Based on previous ETF rejections, the SEC wants to see two things. First, you want the pricing to be tied to a regulated exchange, which for now would be a futures market. Second, he wants the futures exchange (CME) to have a shared watchdog arrangement with the ETF, which is Nasdaq for the BlackRock Bitcoin ETF.
That watch deal must already be in place because the Valkyrie Bitcoin Strategy ETF is listed on Nasdaq and is based on CME Bitcoin futures.
So how can the futures market provide a price for a spot market? Whether the spot ETF uses the price used to settle futures when they expire. BlackRock plans to use the CF Benchmarks Index, created by a company regulated by the UK’s FCA. CME uses that same benchmark to settle Bitcoin futures.
Other Bitcoin ETF Spot Rejections
The crux of the SEC’s objections relates to the perception that cryptocurrency prices are rigged.
The second iteration of the Ark/21Shares Bitcoin ETF app was rejected this January, though it is still trying. Ark’s latest app looked at why Bitcoin prices are becoming more reliable.
The Ark ETF used the S&P Bitcoin Index for pricing, which sounds pretty believable. In turn, the S&P index is based on data from the startup Lukka. It uses prices from a dozen exchanges, including Binance and Bitfinex. Another rejected ETF, the VanEck spot Bitcoin ETF used the MVIS CryptoCompare Bitcoin benchmark rate. Both were trying to list on the Cboe BZX Exchange.

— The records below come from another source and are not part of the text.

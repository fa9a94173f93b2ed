-- ===== src/Hv/PageTables/Ranges.antt =====
-- What `setup_4k_page_tables` does to the translation of addresses, for all of the pages of a range.
use obliteration.Prelude.{
  ℕ, zero, suc, ◌+◌, ◌*◌, ◌/◌, ◌%◌, ◌^◌, ◌≡◌, ◌≢◌, ◌<◌, ◌≤◌, refl, ◌∙◌, ap, Bool, ◌==◌, none, some,
  arith, Bool-cases, Option-cases, inl, inr, subst, done, ok, assert, ◌>>◌, bind-done,
  and_then_ok-done, ok-injective, add64, add64-done, sym,
}
use obliteration.Hv.Ram.{Ram}
use obliteration.Hv.PageTables.{Builder, Context, map_page, map_pages, setup_4k_page_tables}
use obliteration.Hv.PageTables.Descend.{Builds}
use obliteration.Hv.PageTables.Walks.{
  walk, translate, IsContext, IsFlagged, page_of, walk_in-same_page,
}
use obliteration.Hv.PageTables.Pages.{Mapped, map_page-Mapped}

module _ (commit map : ℕ → ℕ → Bool) (r : Ram) where
  -- The entries in use lead from `n` pages from `vaddr` on to those from `paddr` on. What they led to before
  -- they lead to still, and no other page has changed.
  pub record WalkedRange (n : ℕ) (cx : Context) (vaddr paddr : ℕ) (s : Context × Builder)
      : Type 0 where
    pub now : (k : ℕ) → k < n → walk s.0 (vaddr + k * 4096) ≡ some (paddr + k * 4096)
    pub free : (k : ℕ) → k < n → walk cx (vaddr + k * 4096) ≡ none
    pub keeps : (v q : ℕ) → walk cx v ≡ some q → walk s.0 v ≡ some q
    pub others :
        (v : ℕ)
        → ((k : ℕ) → k < n → page_of v ≢ page_of (vaddr + k * 4096))
        → walk s.0 v ≡ walk cx v
    pub tables : IsContext s.0 s.1.next
    pub flags : IsFlagged cx → IsFlagged s.0
    pub builds : Builds r s.1

  module _ (cx : Context) (vaddr paddr : ℕ) (s : Context × Builder)
      (m : Mapped commit map r cx vaddr paddr s) where
    kept : (v q : ℕ) → walk cx v ≡ some q → walk s.0 v ≡ some q
    kept v q h = elim (Bool-cases (page_of v == page_of vaddr)) [
      | inr other ↦ m.others v (λ e. ground (arith, other, e)) ∙ h
      | inl same ↦ cc (h, m.free, walk_in-same_page cx v vaddr (ground (arith, same)))
    ]

    was_free : (v : ℕ) → walk s.0 v ≡ none → walk cx v ≡ none
    was_free v h = elim (Option-cases (walk cx v)) [
      | inl gone ↦ gone
      | inr q ↦ cc (h, kept v q.0 q.1)
    ]

    map_more :
        (n : ℕ) (t : Context × Builder)
        → WalkedRange n s.0 (vaddr + 4096) (paddr + 4096) t
        → WalkedRange (suc n) cx vaddr paddr t
    map_more n t l = record {
      now = now;
      free = free;
      keeps = λ v q h. l.keeps v q (kept v q h);
      others = λ v h.
          l.others v (λ k b e. h (suc k) (omega arith) (e ∙ ap page_of (omega arith)))
          ∙ m.others v (λ e. h 0 (omega arith) (e ∙ ap page_of (omega arith)));
      tables = l.tables;
      flags = λ f. l.flags (m.flags f);
      builds = l.builds;
    }
      where
        now : (k : ℕ) → k < suc n → walk t.0 (vaddr + k * 4096) ≡ some (paddr + k * 4096)
        now zero b = ap (walk t.0) (omega arith) ∙ l.keeps vaddr paddr m.now ∙ ap some (omega arith)
        now (suc k) b = ap (walk t.0) (omega arith) ∙ l.now k (omega arith) ∙ ap some (omega arith)

        free : (k : ℕ) → k < suc n → walk cx (vaddr + k * 4096) ≡ none
        free zero b = ap (walk cx) (omega arith) ∙ m.free
        free (suc k) b =
            ap (walk cx) (omega arith) ∙ was_free (vaddr + 4096 + k * 4096) (l.free k (omega arith))

  add64-below : (a b : ℕ) → a + b < 2 ^ 64 → add64 a b ≡ done (a + b)
  add64-below a b h = ground arith

  moved :
      (n v w p q : ℕ) (cx : Context) (s : Context × Builder)
      → v ≡ w
      → p ≡ q
      → WalkedRange n cx v p s
      → WalkedRange n cx w q s
  moved n v w p q cx s h k m =
      subst (λ t. WalkedRange n cx t q s) h (subst (λ t. WalkedRange n cx v t s) k m)

  map_pages-WalkedRange :
      (n : ℕ) (cx : Context) (b : Builder) (vaddr paddr off : ℕ) (s : Context × Builder)
      → Builds r b
      → IsContext cx b.next
      → paddr + off + n * 4096 ≤ 2 ^ 63
      → map_pages commit map r n cx b vaddr paddr off ≡ done (ok s)
      → WalkedRange n cx (vaddr + off) (paddr + off) s
  unfolding map_pages
  map_pages-WalkedRange zero cx b vaddr paddr off s g c below h =
      subst (WalkedRange 0 cx (vaddr + off) (paddr + off)) (ok-injective h) (record {
        now = λ k l. absurd (omega arith);
        free = λ k l. absurd (omega arith);
        keeps = λ v q k. k;
        others = λ v k. refl;
        tables = c;
        flags = λ f. f;
        builds = g;
      })
  map_pages-WalkedRange (suc n) cx b vaddr paddr off s g c below h =
      let (addr, added, run) = bind-done (add64 vaddr off) _ h in
      let (t, first, rest) =
        and_then_ok-done (map_page commit map r cx b addr (add64 paddr off)) _ run in
      let page : add64 paddr off ≡ done (paddr + off) =
        add64-below paddr off (omega (arith, below)) in
      let m =
        map_page-Mapped commit map r cx b (vaddr + off) (paddr + off) t g c (omega (arith, below)) (
          ap (λ f. map_page commit map r cx b (vaddr + off) f) (sym page)
          ∙ ap (λ a. map_page commit map r cx b a (add64 paddr off))
              (sym (add64-done vaddr off addr added))
          ∙ first) in
      map_more cx (vaddr + off) (paddr + off) t m n s (
        moved n (vaddr + (off + 4096)) (vaddr + off + 4096) (paddr + (off + 4096))
          (paddr + off + 4096) t.0 s (omega arith) (omega arith)
          (map_pages-WalkedRange n t.0 t.1 vaddr paddr (off + 4096) s m.builds m.tables
            (omega (arith, below)) rest))

  pub setup_4k_page_tables-WalkedRange :
      (cx : Context) (b : Builder) (vaddr paddr len : ℕ) (s : Context × Builder)
      → Builds r b
      → IsContext cx b.next
      → paddr + len ≤ 2 ^ 63
      → setup_4k_page_tables commit map r cx b vaddr paddr len ≡ done (ok s)
      → WalkedRange (len / 4096) cx vaddr paddr s
  unfolding setup_4k_page_tables
  setup_4k_page_tables-WalkedRange cx b vaddr paddr len s g c below h =
      let checks =
        assert (vaddr % 4096 == 0) >> assert (paddr % 4096 == 0) >> assert (len % 4096 == 0) in
      let (_, _, run) = bind-done checks _ h in
      moved (len / 4096) (vaddr + 0) vaddr (paddr + 0) paddr cx s (omega arith) (omega arith)
        (map_pages-WalkedRange (len / 4096) cx b vaddr paddr 0 s g c (omega arith) run)

  -- The processor writes to `n` pages from `paddr` on by those from `vaddr` on, none of which it could write to
  -- before. What was mapped before is mapped to the same still, and no other page has changed.
  pub record MappedRange (n : ℕ) (cx : Context) (vaddr paddr : ℕ) (s : Context × Builder)
      : Type 0 where
    pub now : (k : ℕ) → k < n → translate s.0 (vaddr + k * 4096) ≡ some (paddr + k * 4096)
    pub free : (k : ℕ) → k < n → translate cx (vaddr + k * 4096) ≡ none
    pub keeps : (v q : ℕ) → translate cx v ≡ some q → translate s.0 v ≡ some q
    pub others :
        (v : ℕ)
        → ((k : ℕ) → k < n → page_of v ≢ page_of (vaddr + k * 4096))
        → translate s.0 v ≡ translate cx v
    pub tables : IsContext s.0 s.1.next
    pub flags : IsFlagged s.0
    pub builds : Builds r s.1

In the case of Grayscale’s failed attempt to convert its Bitcoin Trust into an ETF, TradeBlock provides the price index. Both Grayscale and TradeBlock are part of the Digital Currency Group.
By contrast, the CF Benchmarks Index in BlackRock’s app uses half the number of trades compared to the S&P Index. Those exchanges are Bitstamp, Coinbase, Gemini, ItBit (Paxos), Kraken, and LMAX.
Meanwhile, the BlackRock ETF will use Coinbase Custody as custodian and Coinbase as lead broker, expanding on its existing relationship with the crypto exchange. The question is whether Coinbase’s role could delay the ETF given that the SEC is suing the exchange.